Your instructions: Within the data below, tally the lines that contain "unfolding" and state only the total.
(Material for the task Opens)
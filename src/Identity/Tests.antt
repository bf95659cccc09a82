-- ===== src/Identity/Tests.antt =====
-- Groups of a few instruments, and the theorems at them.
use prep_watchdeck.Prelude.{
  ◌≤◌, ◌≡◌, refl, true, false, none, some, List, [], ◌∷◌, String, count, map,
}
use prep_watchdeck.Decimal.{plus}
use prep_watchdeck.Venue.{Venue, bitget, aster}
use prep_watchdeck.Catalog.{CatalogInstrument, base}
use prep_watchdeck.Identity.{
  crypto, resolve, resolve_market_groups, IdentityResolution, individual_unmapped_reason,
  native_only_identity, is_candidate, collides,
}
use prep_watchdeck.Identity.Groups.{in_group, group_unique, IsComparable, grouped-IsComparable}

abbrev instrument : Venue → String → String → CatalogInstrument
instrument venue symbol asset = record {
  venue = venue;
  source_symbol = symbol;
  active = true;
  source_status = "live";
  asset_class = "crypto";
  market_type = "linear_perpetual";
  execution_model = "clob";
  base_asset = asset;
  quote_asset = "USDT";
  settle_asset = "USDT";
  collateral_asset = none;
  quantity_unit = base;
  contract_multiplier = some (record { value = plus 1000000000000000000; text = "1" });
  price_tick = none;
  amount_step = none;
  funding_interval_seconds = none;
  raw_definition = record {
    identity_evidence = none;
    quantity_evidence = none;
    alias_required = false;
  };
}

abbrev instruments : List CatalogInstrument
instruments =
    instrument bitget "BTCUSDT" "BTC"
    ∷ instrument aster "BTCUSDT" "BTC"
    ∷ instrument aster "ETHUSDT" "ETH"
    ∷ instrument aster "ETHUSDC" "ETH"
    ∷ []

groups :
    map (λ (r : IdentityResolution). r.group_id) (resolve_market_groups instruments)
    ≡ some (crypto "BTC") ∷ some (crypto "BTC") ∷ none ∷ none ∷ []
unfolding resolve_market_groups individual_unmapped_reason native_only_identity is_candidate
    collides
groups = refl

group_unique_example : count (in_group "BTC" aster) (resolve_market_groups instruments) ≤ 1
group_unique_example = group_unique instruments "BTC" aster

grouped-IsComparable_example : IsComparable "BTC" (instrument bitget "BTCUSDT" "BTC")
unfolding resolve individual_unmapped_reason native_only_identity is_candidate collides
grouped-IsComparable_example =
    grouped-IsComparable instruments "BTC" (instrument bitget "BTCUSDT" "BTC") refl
(Material for the task Closes)
Task result: 2